[WHAT TO DO]
Start to finish, repeat the records exactly.

= = = = =

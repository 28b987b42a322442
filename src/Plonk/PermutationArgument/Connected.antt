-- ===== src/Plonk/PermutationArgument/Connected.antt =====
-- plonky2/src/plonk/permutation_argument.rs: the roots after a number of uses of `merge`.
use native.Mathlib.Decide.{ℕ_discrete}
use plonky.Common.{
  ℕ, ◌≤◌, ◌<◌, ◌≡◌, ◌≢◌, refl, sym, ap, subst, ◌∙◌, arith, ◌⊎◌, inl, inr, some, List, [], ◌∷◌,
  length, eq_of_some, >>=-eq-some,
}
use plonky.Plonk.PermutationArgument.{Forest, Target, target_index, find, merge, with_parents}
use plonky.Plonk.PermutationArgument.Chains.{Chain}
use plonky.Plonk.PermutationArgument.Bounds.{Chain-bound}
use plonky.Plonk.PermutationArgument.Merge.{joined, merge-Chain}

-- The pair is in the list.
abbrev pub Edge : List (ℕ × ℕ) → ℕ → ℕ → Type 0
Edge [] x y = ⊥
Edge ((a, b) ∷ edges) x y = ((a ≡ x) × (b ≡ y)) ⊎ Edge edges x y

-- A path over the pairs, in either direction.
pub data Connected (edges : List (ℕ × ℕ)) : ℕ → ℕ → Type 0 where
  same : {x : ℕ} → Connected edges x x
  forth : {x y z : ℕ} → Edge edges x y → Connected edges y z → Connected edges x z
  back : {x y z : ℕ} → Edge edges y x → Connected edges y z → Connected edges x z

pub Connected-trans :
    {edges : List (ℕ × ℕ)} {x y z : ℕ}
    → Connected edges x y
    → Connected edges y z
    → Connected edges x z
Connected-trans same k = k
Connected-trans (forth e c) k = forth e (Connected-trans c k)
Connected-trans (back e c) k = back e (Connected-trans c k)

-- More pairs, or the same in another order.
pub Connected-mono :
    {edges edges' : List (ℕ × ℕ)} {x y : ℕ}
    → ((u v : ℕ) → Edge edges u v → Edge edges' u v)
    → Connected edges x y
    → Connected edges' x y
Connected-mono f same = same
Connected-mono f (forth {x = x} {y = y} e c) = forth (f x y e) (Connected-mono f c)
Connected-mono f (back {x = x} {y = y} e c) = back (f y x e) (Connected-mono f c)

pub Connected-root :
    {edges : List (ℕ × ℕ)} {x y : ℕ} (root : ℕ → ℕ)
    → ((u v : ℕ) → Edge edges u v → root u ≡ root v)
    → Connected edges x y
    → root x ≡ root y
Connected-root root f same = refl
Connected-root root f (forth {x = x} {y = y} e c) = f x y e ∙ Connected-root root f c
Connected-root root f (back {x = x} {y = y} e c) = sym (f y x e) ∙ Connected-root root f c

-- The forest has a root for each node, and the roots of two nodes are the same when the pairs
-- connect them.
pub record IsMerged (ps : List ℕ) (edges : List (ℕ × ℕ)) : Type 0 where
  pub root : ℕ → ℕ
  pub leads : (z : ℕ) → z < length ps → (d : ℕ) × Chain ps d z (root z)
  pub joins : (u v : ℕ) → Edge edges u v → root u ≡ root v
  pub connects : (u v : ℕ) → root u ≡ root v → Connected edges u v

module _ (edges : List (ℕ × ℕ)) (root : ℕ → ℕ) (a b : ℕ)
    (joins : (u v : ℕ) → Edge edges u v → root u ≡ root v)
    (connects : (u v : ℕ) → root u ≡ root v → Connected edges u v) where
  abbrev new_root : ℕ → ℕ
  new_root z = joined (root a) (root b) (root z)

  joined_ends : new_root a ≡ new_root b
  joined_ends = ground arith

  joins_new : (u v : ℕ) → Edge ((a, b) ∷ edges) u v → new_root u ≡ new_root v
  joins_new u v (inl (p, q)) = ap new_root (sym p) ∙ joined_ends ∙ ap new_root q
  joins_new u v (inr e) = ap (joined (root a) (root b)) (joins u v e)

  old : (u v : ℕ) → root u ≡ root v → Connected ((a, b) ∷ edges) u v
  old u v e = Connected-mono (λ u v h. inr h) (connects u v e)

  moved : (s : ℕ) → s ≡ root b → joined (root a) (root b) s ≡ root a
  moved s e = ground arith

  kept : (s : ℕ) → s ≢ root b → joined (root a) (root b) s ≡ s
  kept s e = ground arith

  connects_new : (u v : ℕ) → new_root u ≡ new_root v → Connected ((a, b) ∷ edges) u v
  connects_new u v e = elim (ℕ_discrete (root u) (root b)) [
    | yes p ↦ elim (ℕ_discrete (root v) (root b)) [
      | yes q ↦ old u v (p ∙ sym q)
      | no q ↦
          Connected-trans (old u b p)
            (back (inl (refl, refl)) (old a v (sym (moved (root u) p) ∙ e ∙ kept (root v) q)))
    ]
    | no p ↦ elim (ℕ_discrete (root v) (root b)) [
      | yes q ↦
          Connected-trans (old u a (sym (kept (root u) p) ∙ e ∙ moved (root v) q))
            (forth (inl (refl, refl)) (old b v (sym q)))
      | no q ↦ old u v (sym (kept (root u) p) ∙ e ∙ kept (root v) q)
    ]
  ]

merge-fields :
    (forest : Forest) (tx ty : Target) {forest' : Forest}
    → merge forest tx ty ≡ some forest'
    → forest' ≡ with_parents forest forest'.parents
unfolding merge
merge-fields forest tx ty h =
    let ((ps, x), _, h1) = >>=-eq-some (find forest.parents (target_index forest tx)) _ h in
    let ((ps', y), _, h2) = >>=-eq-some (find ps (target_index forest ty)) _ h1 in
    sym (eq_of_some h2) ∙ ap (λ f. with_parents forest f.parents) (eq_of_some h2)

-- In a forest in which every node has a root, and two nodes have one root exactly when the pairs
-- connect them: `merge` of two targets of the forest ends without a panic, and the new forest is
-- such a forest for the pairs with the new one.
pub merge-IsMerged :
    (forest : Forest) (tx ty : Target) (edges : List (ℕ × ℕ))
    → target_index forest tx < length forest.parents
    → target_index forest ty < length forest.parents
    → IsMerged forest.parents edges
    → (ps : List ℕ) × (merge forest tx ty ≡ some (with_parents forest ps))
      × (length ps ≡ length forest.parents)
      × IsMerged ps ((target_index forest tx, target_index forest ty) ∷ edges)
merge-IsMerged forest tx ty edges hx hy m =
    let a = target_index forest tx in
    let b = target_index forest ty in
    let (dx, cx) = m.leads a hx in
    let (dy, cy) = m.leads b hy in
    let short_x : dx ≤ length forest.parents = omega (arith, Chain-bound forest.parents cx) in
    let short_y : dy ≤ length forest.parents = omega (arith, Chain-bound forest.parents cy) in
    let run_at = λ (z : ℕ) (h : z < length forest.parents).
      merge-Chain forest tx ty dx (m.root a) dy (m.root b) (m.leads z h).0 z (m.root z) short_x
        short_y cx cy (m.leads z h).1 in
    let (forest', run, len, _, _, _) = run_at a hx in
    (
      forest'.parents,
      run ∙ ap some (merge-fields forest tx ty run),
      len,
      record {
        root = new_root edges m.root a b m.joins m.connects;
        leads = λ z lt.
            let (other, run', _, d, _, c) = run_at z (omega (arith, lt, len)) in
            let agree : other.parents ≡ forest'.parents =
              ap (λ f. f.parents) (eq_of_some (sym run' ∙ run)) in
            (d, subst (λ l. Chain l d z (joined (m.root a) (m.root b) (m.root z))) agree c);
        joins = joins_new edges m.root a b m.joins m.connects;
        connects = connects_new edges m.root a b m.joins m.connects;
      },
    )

= = = = =

[ANSWER TO THE PROBLEM]
repository 28b987b42a322442
filename src/Plonk/PermutationArgument/Connected.antt
-- ===== src/Plonk/PermutationArgument/Connected.antt =====
-- plonky2/src/plonk/permutation_argument.rs: the roots after a number of uses of `merge`.
use native.Mathlib.Decide.{ℕ_discrete}
use plonky.Common.{
  ℕ, ◌≤◌, ◌<◌, ◌≡◌, ◌≢◌, refl, sym, ap, subst, ◌∙◌, arith, ◌⊎◌, inl, inr, some, List, [], ◌∷◌,
  length, eq_of_some, >>=-eq-some,
}
use plonky.Plonk.PermutationArgument.{Forest, Target, target_index, find, merge, with_parents}
use plonky.Plonk.PermutationArgument.Chains.{Chain}
use plonky.Plonk.PermutationArgument.Bounds.{Chain-bound}
use plonky.Plonk.PermutationArgument.Merge.{joined, merge-Chain}

-- The pair is in the list.
abbrev pub Edge : List (ℕ × ℕ) → ℕ → ℕ → Type 0
Edge [] x y = ⊥
Edge ((a, b) ∷ edges) x y = ((a ≡ x) × (b ≡ y)) ⊎ Edge edges x y

-- A path over the pairs, in either direction.
pub data Connected (edges : List (ℕ × ℕ)) : ℕ → ℕ → Type 0 where
  same : {x : ℕ} → Connected edges x x
  forth : {x y z : ℕ} → Edge edges x y → Connected edges y z → Connected edges x z
  back : {x y z : ℕ} → Edge edges y x → Connected edges y z → Connected edges x z

pub Connected-trans :
    {edges : List (ℕ × ℕ)} {x y z : ℕ}
    → Connected edges x y
    → Connected edges y z
    → Connected edges x z
Connected-trans same k = k
Connected-trans (forth e c) k = forth e (Connected-trans c k)
Connected-trans (back e c) k = back e (Connected-trans c k)

-- More pairs, or the same in another order.
pub Connected-mono :
    {edges edges' : List (ℕ × ℕ)} {x y : ℕ}
    → ((u v : ℕ) → Edge edges u v → Edge edges' u v)
    → Connected edges x y
    → Connected edges' x y
Connected-mono f same = same
Connected-mono f (forth {x = x} {y = y} e c) = forth (f x y e) (Connected-mono f c)
Connected-mono f (back {x = x} {y = y} e c) = back (f y x e) (Connected-mono f c)

pub Connected-root :
    {edges : List (ℕ × ℕ)} {x y : ℕ} (root : ℕ → ℕ)
    → ((u v : ℕ) → Edge edges u v → root u ≡ root v)
    → Connected edges x y
    → root x ≡ root y
Connected-root root f same = refl
Connected-root root f (forth {x = x} {y = y} e c) = f x y e ∙ Connected-root root f c
Connected-root root f (back {x = x} {y = y} e c) = sym (f y x e) ∙ Connected-root root f c

-- The forest has a root for each node, and the roots of two nodes are the same when the pairs
-- connect them.
pub record IsMerged (ps : List ℕ) (edges : List (ℕ × ℕ)) : Type 0 where
  pub root : ℕ → ℕ
  pub leads : (z : ℕ) → z < length ps → (d : ℕ) × Chain ps d z (root z)
  pub joins : (u v : ℕ) → Edge edges u v → root u ≡ root v
  pub connects : (u v : ℕ) → root u ≡ root v → Connected edges u v

module _ (edges : List (ℕ × ℕ)) (root : ℕ → ℕ) (a b : ℕ)
    (joins : (u v : ℕ) → Edge edges u v → root u ≡ root v)
    (connects : (u v : ℕ) → root u ≡ root v → Connected edges u v) where
  abbrev new_root : ℕ → ℕ
  new_root z = joined (root a) (root b) (root z)

  joined_ends : new_root a ≡ new_root b
  joined_ends = ground arith

  joins_new : (u v : ℕ) → Edge ((a, b) ∷ edges) u v → new_root u ≡ new_root v
  joins_new u v (inl (p, q)) = ap new_root (sym p) ∙ joined_ends ∙ ap new_root q
  joins_new u v (inr e) = ap (joined (root a) (root b)) (joins u v e)

  old : (u v : ℕ) → root u ≡ root v → Connected ((a, b) ∷ edges) u v
  old u v e = Connected-mono (λ u v h. inr h) (connects u v e)

  moved : (s : ℕ) → s ≡ root b → joined (root a) (root b) s ≡ root a
  moved s e = ground arith

  kept : (s : ℕ) → s ≢ root b → joined (root a) (root b) s ≡ s
  kept s e = ground arith

  connects_new : (u v : ℕ) → new_root u ≡ new_root v → Connected ((a, b) ∷ edges) u v
  connects_new u v e = elim (ℕ_discrete (root u) (root b)) [
    | yes p ↦ elim (ℕ_discrete (root v) (root b)) [
      | yes q ↦ old u v (p ∙ sym q)
      | no q ↦
          Connected-trans (old u b p)
            (back (inl (refl, refl)) (old a v (sym (moved (root u) p) ∙ e ∙ kept (root v) q)))
    ]
    | no p ↦ elim (ℕ_discrete (root v) (root b)) [
      | yes q ↦
          Connected-trans (old u a (sym (kept (root u) p) ∙ e ∙ moved (root v) q))
            (forth (inl (refl, refl)) (old b v (sym q)))
      | no q ↦ old u v (sym (kept (root u) p) ∙ e ∙ kept (root v) q)
    ]
  ]

merge-fields :
    (forest : Forest) (tx ty : Target) {forest' : Forest}
    → merge forest tx ty ≡ some forest'
    → forest' ≡ with_parents forest forest'.parents
unfolding merge
merge-fields forest tx ty h =
    let ((ps, x), _, h1) = >>=-eq-some (find forest.parents (target_index forest tx)) _ h in
    let ((ps', y), _, h2) = >>=-eq-some (find ps (target_index forest ty)) _ h1 in
    sym (eq_of_some h2) ∙ ap (λ f. with_parents forest f.parents) (eq_of_some h2)

-- In a forest in which every node has a root, and two nodes have one root exactly when the pairs
-- connect them: `merge` of two targets of the forest ends without a panic, and the new forest is
-- such a forest for the pairs with the new one.
pub merge-IsMerged :
    (forest : Forest) (tx ty : Target) (edges : List (ℕ × ℕ))
    → target_index forest tx < length forest.parents
    → target_index forest ty < length forest.parents
    → IsMerged forest.parents edges
    → (ps : List ℕ) × (merge forest tx ty ≡ some (with_parents forest ps))
      × (length ps ≡ length forest.parents)
      × IsMerged ps ((target_index forest tx, target_index forest ty) ∷ edges)
merge-IsMerged forest tx ty edges hx hy m =
    let a = target_index forest tx in
    let b = target_index forest ty in
    let (dx, cx) = m.leads a hx in
    let (dy, cy) = m.leads b hy in
    let short_x : dx ≤ length forest.parents = omega (arith, Chain-bound forest.parents cx) in
    let short_y : dy ≤ length forest.parents = omega (arith, Chain-bound forest.parents cy) in
    let run_at = λ (z : ℕ) (h : z < length forest.parents).
      merge-Chain forest tx ty dx (m.root a) dy (m.root b) (m.leads z h).0 z (m.root z) short_x
        short_y cx cy (m.leads z h).1 in
    let (forest', run, len, _, _, _) = run_at a hx in
    (
      forest'.parents,
      run ∙ ap some (merge-fields forest tx ty run),
      len,
      record {
        root = new_root edges m.root a b m.joins m.connects;
        leads = λ z lt.
            let (other, run', _, d, _, c) = run_at z (omega (arith, lt, len)) in
            let agree : other.parents ≡ forest'.parents =
              ap (λ f. f.parents) (eq_of_some (sym run' ∙ run)) in
            (d, subst (λ l. Chain l d z (joined (m.root a) (m.root b) (m.root z))) agree c);
        joins = joins_new edges m.root a b m.joins m.connects;
        connects = connects_new edges m.root a b m.joins m.connects;
      },
    )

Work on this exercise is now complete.